To the homework game, that is.
Middle(7) has been signed up for a zoo school this year targeted to homeschoolers. They meet ten times, once a month, for two hours at a time. We were “assured” that one of the leaders had been a teacher and was up-to-date on curriculum standards and all that. Some of the moms laughed and whispered among ourselves that that wasn’t what was important to us. I should have known then . . . .
Zoo school has provided him with some opportunities, but it has also provided him with homework. For reasons that I haven’t completely figured out, he never wants to go, but he also has never regretted going or seemed at all upset when I picked him up. So I really didn’t want to push the homework thing. It was hard enough to get him there (Oldest, 9, informed me that I was using too much bribery) without also getting the homework done. Also, at his age and reading and writing level (three letter words and barely) guess who is actually doing the homework?
Yesterday was the second-to-last class, and there were assignments due – a game that he was supposed to create, a paper or poster on an animal he picked, and animal cards with facts on different animals for when he shows us around the zoo at the last class. We had some animal cards, but it’s not clear to me how he is going to use them since he can’t read them. He could hand them to us to read, but then he’s not showing us around the zoo, but just giving us information to read that I have probably gathered and added to the cards.
The game assignment didn’t call to him, but this was the assignment that sucked me in. I got myself in a dither about it. Last month (when I thought it was due) I cut out a safari game that we had in PDF form, but of course it wasn't a game that Middle had created. He was worried too, and between us, we worked ourselves into a bit of a dither, with him saying he didn’t want to do it (with a mulish expression on his face), and me resentfully busting my ass to create a simple game for him.

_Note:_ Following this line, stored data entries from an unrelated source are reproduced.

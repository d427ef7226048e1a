-- ===== src/Redis/Refinement.antt =====
-- helios_permissions/redis_cache.go against the interface's promise, over a server that answers and
-- without expiry.
use helios_permission_golang.Prelude.{
  ℕ, ◌<◌, Bool, Str, ◌&&◌, true, false, if◌then◌else◌, Option, none, some, List, ◌≡◌, refl, ◌∙◌,
  pos, ◌==◌,
}
use helios_permission_golang.Permission.{Permission}
use helios_permission_golang.Cache.{Slice}
use helios_permission_golang.Cache.Spec.{
  View, Op, set, write_through, invalidate, invalidate_tenant, set_if_absent, promised,
  promised_all, apply, apply_all,
}
use helios_permission_golang.Cache.Runs.{nothing, All, apply_all-Shows}
use helios_permission_golang.Memory.Keys.{IsPlain}
use helios_permission_golang.Redis
use helios_permission_golang.Redis.{
  Fallible, done, RedisPermissionCache, Served, redis_cache, key, from_reply,
}
use helios_permission_golang.Redis.Server.{IsServer, IsCodec, IsLiteral, AreAscii, kept}
use helios_permission_golang.Redis.Keys.{key-eq, matches-key}
use helios_permission_golang.Redis.Laws.{
  held, get-held, stored_set, stored_write_through, stored_invalidate, invalidate_tenant-sweeps,
  encoded,
}

-- The slices that come back as they were written: not nil, and in ASCII.
abbrev pub IsKept : Slice → Type 0
IsKept none = ⊥
IsKept (some ps) = AreAscii ps

module _ (c : RedisPermissionCache) (h : IsServer c.rdb) (d : IsCodec c.rdb) where
  open h use {stored}

  -- A key holds what a slice of the view says: nothing for nil, or a text that decodes to it.
  abbrev pub Fits : Option Str → Slice → Type 0
  Fits o none = o ≡ none
  Fits o (some ps) = (raw : Str) × (o ≡ some raw) × (c.rdb.unmarshal raw ≡ done (some ps))

  pub Fits-read :
      (o : Option Str) (slice : Slice) → Fits o slice → from_reply c (done o) ≡ (slice, none)
  Fits-read o none e = rw e refl
  Fits-read o (some ps) (raw, e, decodes) = rw e (rw decodes refl)

  -- The tenants of a call are plain and a pattern reads them literally; its slice is kept.
  abbrev pub IsFine : Op → Type 0
  IsFine (set u t perms) = IsPlain t × IsKept perms
  IsFine (write_through u t perms) = IsPlain t × IsKept perms
  IsFine (invalidate u t) = IsPlain t
  IsFine (invalidate_tenant t) = IsPlain t × IsLiteral t

  abbrev pub Shows : Served c → View → Type 0
  Shows s view = (v w : Str) → IsPlain w → Fits (held c h s v w) (view v w)

  if-Fits :
      (b : Bool) (o o' : Option Str) (slice slice' : Slice)
      → Fits o slice
      → Fits o' slice'
      → Fits (if b then o else o') (if b then slice else slice')
  if-Fits true o o' slice slice' fits fits' = fits
  if-Fits false o o' slice slice' fits fits' = fits'

  module _ (persists : c.ttl ≡ pos 0) where
    pub encoded-Fits :
        (ps : List Permission) (ascii : AreAscii ps)
        → Fits (some (encoded c h d persists ps ascii)) (some ps)
    encoded-Fits ps ascii = (encoded c h d persists ps ascii, refl, (d.round_trip ps ascii).2)

    pub kept-Fits :
        (o : Option Str) (slice : Slice) (ps : List Permission) (ascii : AreAscii ps)
        → Fits o slice
        → Fits (some (kept o (encoded c h d persists ps ascii))) (set_if_absent slice (some ps))
    kept-Fits o none ps ascii e = rw e (encoded-Fits ps ascii)
    kept-Fits o (some qs) ps ascii (raw, e, decodes) = rw e (raw, refl, decodes)

    module _ (s : Served c) (view : View) (shows : Shows s view) (u v t w : Str)
        (q : IsPlain w) where
      set-Fits :
          (ps : List Permission) (ascii : AreAscii ps)
          → IsPlain t
          → Fits
              (held c h (Redis.set c u t (some ps) s).1 v w)
              (promised (set u t (some ps)) view v w)
      unfolding promised
      set-Fits ps ascii p =
          rw (stored_set c h d persists u t (key c v w) ps ascii s, key-eq c u v t w p q)
            (if-Fits _ _ _ _ _ (kept-Fits _ _ ps ascii (shows v w q)) (shows v w q))

      write_through-Fits :
          (ps : List Permission) (ascii : AreAscii ps)
          → IsPlain t
          → Fits
              (held c h (Redis.write_through c u t (some ps) s).1 v w)
              (promised (write_through u t (some ps)) view v w)
      unfolding promised
      write_through-Fits ps ascii p =
          rw (stored_write_through c h d persists u t (key c v w) ps ascii s, key-eq c u v t w p q)
            (if-Fits (u == v && t == w) (some (encoded c h d persists ps ascii)) _ (some ps) _
              (encoded-Fits ps ascii) (shows v w q))

      invalidate-Fits :
          IsPlain t
          → Fits (held c h (Redis.invalidate c u t s).1 v w) (promised (invalidate u t) view v w)
      unfolding promised
      invalidate-Fits p =
          rw (stored_invalidate c h u t (key c v w) s, key-eq c u v t w p q)
            (if-Fits _ none _ none _ refl (shows v w q))

      invalidate_tenant-Fits :
          IsLiteral c.key_prefix
          → IsPlain t
          → IsLiteral t
          → (pages : ℕ) (enough : h.remaining s 0 < pages)
          → Fits
              (held c h (invalidate_tenant-sweeps c h pages t s enough).0 v w)
              (promised (invalidate_tenant t) view v w)
      unfolding promised
      invalidate_tenant-Fits l p m pages enough =
          rw
            (
              (invalidate_tenant-sweeps c h pages t s enough).2 (key c v w),
              matches-key c h v w t q p l m,
            )
            (if-Fits (w == t) none _ none _ refl (shows v w q))

    module _ (l : IsLiteral c.key_prefix) (pages : ℕ)
        (bounded : (s : Served c) → h.remaining s 0 < pages) where
      pub apply-Shows :
          (op : Op) (s : Served c) (view : View)
          → IsFine op
          → Shows s view
          → (s' : Served c) × (apply (redis_cache c pages) op s ≡ some s')
            × Shows s' (promised op view)
      unfolding apply
      apply-Shows (set u t none) s view (p, kept) shows = absurd kept
      apply-Shows (set u t (some ps)) s view (p, ascii) shows =
          (_, refl, λ v w q. set-Fits s view shows u v t w q ps ascii p)
      apply-Shows (write_through u t none) s view (p, kept) shows = absurd kept
      apply-Shows (write_through u t (some ps)) s view (p, ascii) shows =
          (_, refl, λ v w q. write_through-Fits s view shows u v t w q ps ascii p)
      apply-Shows (invalidate u t) s view p shows =
          (_, refl, λ v w q. invalidate-Fits s view shows u v t w q p)
      apply-Shows (invalidate_tenant t) s view (p, m) shows =
          let (s', ends, swept) = invalidate_tenant-sweeps c h pages t s (bounded s) in
          (
            s',
            rw ends refl,
            λ v w q. invalidate_tenant-Fits s view shows v v t w q l p m pages (bounded s),
          )

      -- Over a server that answers, whose scans take fewer than `pages` pages, and that holds no
      -- value for plain tenants: any writes of kept slices for plain tenants, which the
      -- invalidations of tenants read literally, return, and then `Get` for a plain tenant returns
      -- what the interface's comments promise, and no error.
      pub redis_cache-promised :
          (ops : List Op) (s : Served c) (v w : Str)
          → All IsFine ops
          → Shows s nothing
          → IsPlain w
          → (s' : Served c) × (apply_all (redis_cache c pages) ops s ≡ some s')
            × ((Redis.get c v w s').0 ≡ (promised_all ops nothing v w, none))
      redis_cache-promised ops s v w fine start q =
          let (s', returns, shows) =
            apply_all-Shows (redis_cache c pages) Shows IsFine apply-Shows ops s nothing fine
              start in
          (s', returns, get-held c h v w s' ∙ Fits-read _ _ (shows v w q))
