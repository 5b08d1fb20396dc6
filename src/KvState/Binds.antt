-- ===== src/KvState/Binds.antt =====
-- `sqlalchemy.text` replaces a marker `:name` by a parameter: a colon that no colon, backslash, letter,
-- digit or underscore stands before, and a name that no colon follows, as documented for
-- (?<![:\w\\]):([\w$]+)(?![:\w$]). A marker that a colon follows stays in the statement as it is.
use Prim.Native.Char.{code}
use shortfire.Prelude.{ℕ, Bool, true, false, ◌&&◌, ◌||◌, String, leb, nat_eq, if◌then◌else◌}

pub data Class : Type 0 where
  colon : Class
  backslash : Class
  word : Class
  dollar : Class
  other : Class

-- From the code point, for the characters of ASCII.
unfoldable pub class_of : ℕ → Class
class_of n =
    if nat_eq n 58
    then colon
    else if nat_eq n 92
    then backslash
    else if nat_eq n 36
    then dollar
    else if (leb 48 n && leb n 57)
        || ((leb 65 n && leb n 90) || ((leb 97 n && leb n 122) || nat_eq n 95))
    then word
    else other

-- Where the reading of a statement stands: before a character that may open a marker, after one that
-- keeps a colon from opening one, after an opening colon, in the name of a marker, or past a marker
-- that stays.
pub data Stage : Type 0 where
  free : Stage
  joined : Stage
  opened : Stage
  named : Stage
  left : Stage

abbrev pub outside : Class → Stage
outside colon = opened
outside backslash = joined
outside word = joined
outside dollar = free
outside other = free

abbrev pub next : Stage → Class → Stage
next free c = outside c
next joined colon = joined
next joined c = outside c
next opened word = named
next opened dollar = named
next opened colon = joined
next opened c = outside c
next named word = named
next named dollar = named
next named colon = left
next named c = outside c
next left c = left

unfoldable pub scan : Stage → String → Stage
scan s String.[] = s
scan s (String.◌∷◌ c rest) = scan (next s (class_of (code c))) rest

abbrev pub is_left : Stage → Bool
is_left left = true
is_left _ = false

-- A marker of the statement is not bound.
abbrev pub has_unbound : String → Bool
has_unbound sql = is_left (scan free sql)
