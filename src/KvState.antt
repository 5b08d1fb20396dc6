-- ===== src/KvState.antt =====
-- ingest/state/kv_state.py: the cursor of a job, kept in the newest row of ingest_runs.
-- The table is a parameter: `RunTable` has the two statements of the code, with the documented
-- behaviour of each.
pub mod Binds
pub mod Memory
pub mod Saves
mod Tests
use Prim.Native.Char.{Char, code}
use Prim.Native.String
use text.Mathlib.Text.{starts_with}
use shortfire.Prelude.{
  ℕ, ◌≤◌, String, true, ◌≡◌, ◌≢◌, Option, none, some, List, [], ◌∷◌, ◌++◌, Holds, Result, Error, ok,
  raised, database_error, nat_eq, if◌then◌else◌,
}
use shortfire.Prelude.Dicts.{Dict}
use shortfire.Prelude.Times.{Time}
use shortfire.KvState.Binds.{has_unbound}

abbrev pub State : Type 0
State = Dict String ℕ

-- What asyncpg hands over for the JSONB column: a dict, or its text.
pub data Column : Type 0 where
  object : State → Column
  json_text : String → Column

-- A row of ingest_runs, with the columns that the code writes or reads.
pub record Run : Type 0 where
  pub id : ℕ
  pub ts : Time
  pub source : String
  pub dataset : String
  pub job_id : String
  pub status : String
  pub rows_written : ℕ
  pub kv_state : Option Column
  pub quality_flag : String

-- WHERE job_id = :j AND kv_state IS NOT NULL
pub record IsStateOf (job_id : String) (r : Run) : Type 0 where
  pub of_job : r.job_id ≡ job_id
  pub has_state : r.kv_state ≢ none

pub record RunTable : Type 1 where
  pub Conn : Type 0
  pub rows : Conn → List Run
  -- SELECT … ORDER BY ts DESC LIMIT 1
  pub newest : String → Conn → Result (Option Run)
  -- INSERT INTO ingest_runs …, of the given text: a marker that is not bound goes to the server with its
  -- colon, which is no SQL.
  pub insert : String → Run → Conn → Option Conn
  pub newest-none :
      (j : String) (s : Conn) (r : Run) → newest j s ≡ ok none → Holds r (rows s) → ¬ IsStateOf j r
  pub newest-some :
      (j : String) (s : Conn) (r : Run)
      → newest j s ≡ ok (some r)
      → Holds r (rows s)
        × (IsStateOf j r × ((x : Run) → Holds x (rows s) → IsStateOf j x → x.ts ≤ r.ts))
  pub rows-insert :
      (sql : String) (r : Run) (s s' : Conn) → insert sql r s ≡ some s' → rows s' ≡ r ∷ rows s
  pub insert-unbound :
      (sql : String) (r : Run) (s : Conn) → has_unbound sql ≡ true → insert sql r s ≡ none

-- What `json` and the JSONB column do: `stored` is what comes back for an inserted text.
pub record Json : Type 0 where
  pub dumps : State → String
  pub loads : String → State
  pub stored : String → Column

-- source, from the prefix of the job's id
unfoldable pub source_of : String → String
source_of job_id =
    if starts_with job_id "coinglass"
    then "coinglass_aggregate"
    else if starts_with job_id "coingecko"
    then "coingecko"
    else if starts_with job_id "mexc"
    then "mexc_native"
    else "mexc_native"

-- job_id.split(".", 1)[1] if "." in job_id
unfoldable pub after_dot : String → Option String
after_dot String.[] = none
after_dot (String.◌∷◌ c rest) =
    let later = after_dot rest in if nat_eq (code c) 46 then some rest else later

abbrev pub or_whole : String → Option String → String
or_whole job_id none = job_id
or_whole job_id (some dataset) = dataset

-- The text that `save_kv_state` executes, with a space for each line break.
abbrev pub insert_sql : String
insert_sql =
    "INSERT INTO ingest_runs (id, ts, source, dataset, job_id, started_at, finished_at, status, rows_written, kv_state, quality_flag) VALUES (:id, :ts, :src, :ds, :jid, :ts, :ts, 'succeeded', 0, :st::jsonb, 'ok')"

module _ (json : Json) where
  abbrev pub from_column : Column → State
  from_column (object state) = state
  from_column (json_text t) = json.loads t

  -- `if row is None or row[0] is None: return {}`
  abbrev pub from_row : Option Run → State
  from_row none = []
  from_row (some r) = from_kv r.kv_state
    where
      from_kv : Option Column → State
      from_kv none = []
      from_kv (some c) = from_column c

  abbrev pub read : Result (Option Run) → Result State
  read (ok r) = ok (from_row r)
  read (raised e) = raised e

  module _ (runs : RunTable) where
    unfoldable pub load_kv_state : String → runs.Conn → Result State
    load_kv_state job_id s = read (runs.newest job_id s)

    abbrev pub saved : runs.Conn → Option runs.Conn → Result (Unit {0}) × runs.Conn
    saved s none = (raised database_error, s)
    saved s (some s') = (ok tt, s')

    -- The id and the time are what uuid4() and datetime.now(UTC) return.
    abbrev pub state_run : (id : ℕ) (now : Time) (job_id : String) → State → Run
    state_run id now job_id state = record {
      id = id;
      ts = now;
      source = source_of job_id;
      dataset = or_whole job_id (after_dot job_id);
      job_id = job_id;
      status = "succeeded";
      rows_written = 0;
      kv_state = some (json.stored (json.dumps state));
      quality_flag = "ok";
    }

    unfoldable pub save_kv_state :
        (id : ℕ) (now : Time) (job_id : String) → State → runs.Conn → Result (Unit {0}) × runs.Conn
    save_kv_state id now job_id state s =
        saved s (runs.insert insert_sql (state_run id now job_id state) s)
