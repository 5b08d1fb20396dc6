-- ===== src/KvState/Memory.antt =====
-- A list of rows as the table: an instance of the interface, on which the tests run.
use shortfire.Prelude.{
  ◌≤◌, String, Bool, true, false, ◌&&◌, ◌≡◌, ◌≢◌, refl, sym, inl, inr, Option, none, some, List, [],
  ◌∷◌, Holds, ok, leb, arith, if◌then◌else◌, Bool-cases, ◌↔◌,
}
use shortfire.Prelude.Keys.{◌==◌, eq_string}
use mathlib.Core.Path.{subst}
use mathlib.Core.Option.{some-injective}
use shortfire.KvState.Binds.{has_unbound}
use shortfire.KvState.{Column, Run, IsStateOf, RunTable}

abbrev pub is_some : Option Column → Bool
is_some none = false
is_some (some c) = true

abbrev pub matches : String → Run → Bool
matches j r = r.job_id == j && is_some r.kv_state

some_iff : (o : Option Column) → (is_some o ≡ true) ↔ (o ≢ none)
some_iff none = (λ h. cc, λ h. absurd (h refl))
some_iff (some c) = (λ h e. cc, λ h. refl)

matches_iff : (j : String) (r : Run) → (matches j r ≡ true) ↔ IsStateOf j r
matches_iff j r =
    let same = eq_string.eq_test_iff r.job_id j in
    let present = some_iff r.kv_state in
    (
      λ h. record { of_job = same.0 (ground arith); has_state = present.0 (ground arith) },
      λ s. let a = same.1 s.of_job in let b = present.1 s.has_state in ground arith,
    )

abbrev pub newer : Run → Option Run → Run
newer r none = r
newer r (some x) = if leb x.ts r.ts then r else x

-- The newest of the rows of the job.
unfoldable pub newest_of : String → List Run → Option Run
newest_of j [] = none
newest_of j (r ∷ rs) =
    let rest = newest_of j rs in if matches j r then some (newer r rest) else rest

abbrev Newest : String → List Run → Option Run → Type 0
Newest j rs none = (x : Run) → Holds x rs → ¬ IsStateOf j x
Newest j rs (some r) =
    Holds r rs × (IsStateOf j r × ((x : Run) → Holds x rs → IsStateOf j x → x.ts ≤ r.ts))

skip :
    (j : String) (r : Run) (rs : List Run) (o : Option Run)
    → (¬ IsStateOf j r)
    → Newest j rs o
    → Newest j (r ∷ rs) o
skip j r rs none apart h =
    λ x m s. elim m [ inl e ↦ apart (subst (IsStateOf j) (sym e) s) | inr later ↦ h x later s ]
skip j r rs (some y) apart (there, (is, first)) = (inr there, (is, below))
  where
    below : (x : Run) → Holds x (r ∷ rs) → IsStateOf j x → x.ts ≤ y.ts
    below x (inl e) s = absurd (apart (subst (IsStateOf j) (sym e) s))
    below x (inr m) s = first x m s

take_newer :
    (j : String) (r : Run) (rs : List Run) (o : Option Run)
    → IsStateOf j r
    → Newest j rs o
    → Newest j (r ∷ rs) (some (newer r o))
take_newer j r rs none is h = (inl refl, (is, below))
  where
    below : (x : Run) → Holds x (r ∷ rs) → IsStateOf j x → x.ts ≤ r.ts
    below x (inl e) s = subst (λ (y : Run). y.ts ≤ r.ts) e (omega arith)
    below x (inr m) s = absurd (h x m s)
take_newer j r rs (some y) is (there, (is_y, first)) = elim (Bool-cases (leb y.ts r.ts)) [
  | inl e ↦
      let chosen : newer r (some y) ≡ r = rw e in
      subst (λ z. Newest j (r ∷ rs) (some z)) (sym chosen)
        (inl refl, (is, λ x m s. below r x (omega arith) (ground arith) m s))
  | inr e ↦
      let chosen : newer r (some y) ≡ y = rw e in
      subst (λ z. Newest j (r ∷ rs) (some z)) (sym chosen)
        (inr there, (is_y, λ x m s. below y x (ground arith) (omega arith) m s))
]
  where
    below : (z x : Run) → r.ts ≤ z.ts → y.ts ≤ z.ts → Holds x (r ∷ rs) → IsStateOf j x → x.ts ≤ z.ts
    below z x a b (inl e) s = subst (λ (v : Run). v.ts ≤ z.ts) e a
    below z x a b (inr m) s = let c = first x m s in omega arith

newest_of-Newest : (j : String) (rs : List Run) → Newest j rs (newest_of j rs)
unfolding newest_of
newest_of-Newest j [] = λ x m. absurd m
newest_of-Newest j (r ∷ rs) = elim (Bool-cases (matches j r)) [
  | inl e ↦
      rw e (take_newer j r rs (newest_of j rs) ((matches_iff j r).0 e) (newest_of-Newest j rs))
  | inr e ↦
      rw e
        (skip j r rs (newest_of j rs) (λ s. cc (e, (matches_iff j r).1 s)) (newest_of-Newest j rs))
]

pub newest_of-none :
    (j : String) (s : List Run) (r : Run)
    → ok (newest_of j s) ≡ ok none
    → Holds r s
    → ¬ IsStateOf j r
newest_of-none j s r h =
    let same : newest_of j s ≡ none = cc in subst (Newest j s) same (newest_of-Newest j s) r

pub newest_of-some :
    (j : String) (s : List Run) (r : Run) → ok (newest_of j s) ≡ ok (some r) → Newest j s (some r)
newest_of-some j s r h =
    let same : newest_of j s ≡ some r = cc in subst (Newest j s) same (newest_of-Newest j s)

pub rows-cons :
    (sql : String) (r : Run) (s s' : List Run)
    → (if has_unbound sql then none else some (r ∷ s)) ≡ some s'
    → s' ≡ r ∷ s
rows-cons sql r s s' h = elim (Bool-cases (has_unbound sql)) [
  | inl e ↦ let never = rw e at h in cc
  | inr e ↦ sym (some-injective _ _ (rw e at h))
]

pub insert_none :
    (sql : String) (r : Run) (s : List Run)
    → has_unbound sql ≡ true
    → (if has_unbound sql then none else some (r ∷ s)) ≡ none
insert_none sql r s e = rw e refl

abbrev pub run_list : RunTable
run_list = record {
  Conn = List Run;
  rows = λ s. s;
  newest = λ j s. ok (newest_of j s);
  insert = λ sql r s. if has_unbound sql then none else some (r ∷ s);
  newest-none = newest_of-none;
  newest-some = newest_of-some;
  rows-insert = rows-cons;
  insert-unbound = insert_none;
}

Fortunately, I had to go out in the middle of the afternoon, and I had a chance to recognize what was happening. He wasn’t interested in completing the assignment. I didn’t think it was a good assignment (although it could be, for the right child), and I wasn’t particularly interested in completing it either. One of the reasons my kids don’t go to school is so that I don’t have to make them do stuff (or do it myself!) that none of us thinks is worth doing. I had been sucked into a situation that I always intended to avoid, and now I needed to extricate myself.
When I got back home I asked him what he wanted to do, and he said, “I don’t want to make a game.” I was okay with that and told him so. As it turned out, when I checked him in we were asked if he had the game and the report, and I could answer “no” and hopefully made it clear that I was fine with that. At any rate, he was happy when I picked him up, and I look forward to seeing the zoo through his eyes next month.